Any artform that isn't much popular these days may seem strange. Go ask people on the street, they will give you weird description of how they see opera and then ask you "isn't that just strange thing to watch"?. Not quite strange, at least not as much as impressive number of people who easily dismiss something as strange without putting any effort to understand what it's all about.


----------



## kv466 (May 18, 2011)

"Is it modern?" lol...from about 3:30 on it is pretty darned 'weird'.


----------



## Manxfeeder (Oct 19, 2010)

I have to admit, I haven't gotten into ballet as far as the dancing. But I'm glad others have.


----------



## violadude (May 2, 2011)

Whenever I see ballet, I don't feel like it fits with the music very well....so I don't understand it.


----------



## Ukko (Jun 4, 2010)

I think the original dance lashup of Swan Lake goes together with the music. Can't say I enjoy it, but... it goes together.


----------



## Polednice (Sep 13, 2009)

Is there an element to ballet where certain moves actually mean something beyond what you can already pick up through normal body language?

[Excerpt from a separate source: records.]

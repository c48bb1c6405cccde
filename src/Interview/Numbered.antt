-- ===== src/Interview/Numbered.antt =====
-- The order of a session's questions: each carries its place as its index, and a follow-up names the
-- place of the last main question before it.
use interview_agent_py.Prelude.{
  ℕ, suc, ◌≡◌, ◌≢◌, List, [], ◌∷◌, Option, none, some, true, if◌then◌else◌,
}
use interview_agent_py.Interview.{InterviewQuestion}

-- From place `n` on, after the main question `main` if there is one.
abbrev pub NumberedFrom : ℕ → Option ℕ → List InterviewQuestion → Type 0
NumberedFrom n main [] = Unit
NumberedFrom n main (q ∷ qs) =
    (q.question_index ≡ n)
    × (q.parent_question_index ≡ (if q.is_follow_up then main else none))
    × (q.is_follow_up ≡ true → main ≢ none)
    × NumberedFrom (suc n) (if q.is_follow_up then main else some n) qs

-- The questions of a session, from its first place on.
unfoldable pub Numbered : List InterviewQuestion → Type 0
Numbered qs = NumberedFrom 0 none qs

That's my main issue with it - it doesn't really seem to communicate anything.


----------



## Aramis (Mar 1, 2009)

Polednice said:


> Is there an element to ballet where certain moves actually mean something beyond what you can already pick up through normal body language?


Is there an element to poetry where certain words and sentences actually mean something beyond what you can already pick up through common language?


----------



## Igneous01 (Jan 27, 2011)

Aramis said:


> Is there an element to poetry where certain words and sentences actually mean something beyond what you can already pick up through common language?


excellent point.


----------



## Sid James (Feb 7, 2009)

I like modern ballet, I don't like the traditional or old-style ballet, I find it boring & cliched. I'm talking about watching ballet here. Our own Aboriginal dance companies have done some interpretations of classical pieces, eg. _The Rite of Spring_, I watched one of these productions ages ago on TV and I really enjoyed it. But things like _Swan Lake _with the girls in tutus just bore me to death, I see little point in that, I see it as really old hat, to say the truth. More old hat than wierd, and kind of outdated and silly.

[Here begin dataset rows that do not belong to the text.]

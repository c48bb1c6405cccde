-- ===== src/Bank/Picked.antt =====
-- domain/services/question_bank.py: what `_pick_follow_ups` draws from a pool.
use mathlib.Core.List.{Perm, append-nil}
use mathlib.Core.List.Perm
use interview_agent_py.Prelude.{
  ℕ, zero, suc, ◌+◌, ◌≤◌, ◌≡◌, refl, List, [], ◌++◌, inl, inr, Bool-cases, ◌==◌, ltb, false, length,
  take, drop, length-take, take-append-drop, arith,
}
use interview_agent_py.Prelude.Permutations.{swap, swap-Perm, length-Perm}
use interview_agent_py.Errors.{ok}
use interview_agent_py.Bank.{Random, QuestionBankFollowUp, exchange, pick_follow_ups}

-- A draw of `count` different places of the pool.
abbrev pub Drawn : List QuestionBankFollowUp → ℕ → List QuestionBankFollowUp → Type 0
Drawn pool count picked =
    (length picked ≡ count) × ((left : List QuestionBankFollowUp) × Perm (picked ++ left) pool)

module _ (rng : Random) where
  open rng use {State, randrange, randrange-InRange}

  exchange-Perm :
      (n i : ℕ) (copy : List QuestionBankFollowUp) (s : State)
      → i + n ≤ length copy
      → Perm (exchange rng n i copy s).0 copy
  unfolding exchange
  exchange-Perm zero i copy s fits = Perm.rfl
  exchange-Perm (suc n) i copy s fits =
      let drawn = randrange i (length copy) s in
      let in_range = randrange-InRange i (length copy) s (omega arith) in
      let one = swap-Perm copy i drawn.0 in_range.0 in
      Perm.trans
        (exchange-Perm n (i + 1) (swap copy i drawn.0) drawn.1 (omega (arith, length-Perm one))) one

  -- From a pool that is large enough, exactly `count` follow-ups are drawn, from different places.
  pub pick_follow_ups-Drawn :
      (pool : List QuestionBankFollowUp) (count : ℕ) (s : State)
      → count ≤ length pool
      → (picked : List QuestionBankFollowUp) × (s' : State) × (pick_follow_ups rng pool count s
          ≡ ok (picked, s'))
        × Drawn pool count picked
  unfolding pick_follow_ups
  pick_follow_ups-Drawn pool count s enough = elim (Bool-cases (count == 0)) [
    | inl zero_count ↦ ([], s, rw zero_count refl, (ground arith, (pool, Perm.rfl)))
    | inr some_count ↦
        let enough' : ltb (length pool) count ≡ false = ground arith in
        elim (Bool-cases (length pool == count)) [
          | inl all_of_it ↦ (
            pool,
            s,
            rw (some_count, enough', all_of_it) refl,
            (ground arith, ([], rw append-nil Perm.rfl)),
          )
          | inr more ↦
              let done = exchange rng count 0 pool s in
              let moved = exchange-Perm count 0 pool s (omega arith) in
              (
                take count done.0,
                done.1,
                rw (some_count, enough', more) refl,
                (
                  omega (arith, length-take count done.0, length-Perm moved),
                  (drop count done.0, rw (take-append-drop count done.0) moved),
                ),
              )
        ]
  ]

Generally, though, I do admire ballet dancer's athleticism and flexibility, agility, etc. It can be a joy to watch just for that. But if they're performing as they would in 1880 or something I see it as a waste.

As far as listening to the actual music goes, I like both older and newer stuff in that area, but probably more the newer stuff (although I rarely listen to it, mainly due to the earworm factor, ballets have some of the best tunes in the repertoire, and they dig themselves inside my skull very easily)....


----------



## Polednice (Sep 13, 2009)

Aramis said:


> Is there an element to poetry where certain words and sentences actually mean something beyond what you can already pick up through common language?


Thread closed. I am enlightened.


----------



## Huilunsoittaja (Apr 6, 2010)

I have to admit, some ballet is really weird, and kind of awkward to watch. But here's dancing I found that I think is extremely excellent and evocative. See what you guys think, look at any section:





Not to mention some dramatic music!


----------



## Ukko (Jun 4, 2010)

Polednice said:


> Thread closed. I am enlightened.


I am very, very far from being a ballet expert. My understanding, such as it is, is that most of them are based on a story (ahem - in some language), and the dance and music are a joint effort to present the story in a dance&music format. So... the dance represents elements of the story. The music - besides adding drama - gives the dancers something to dance to.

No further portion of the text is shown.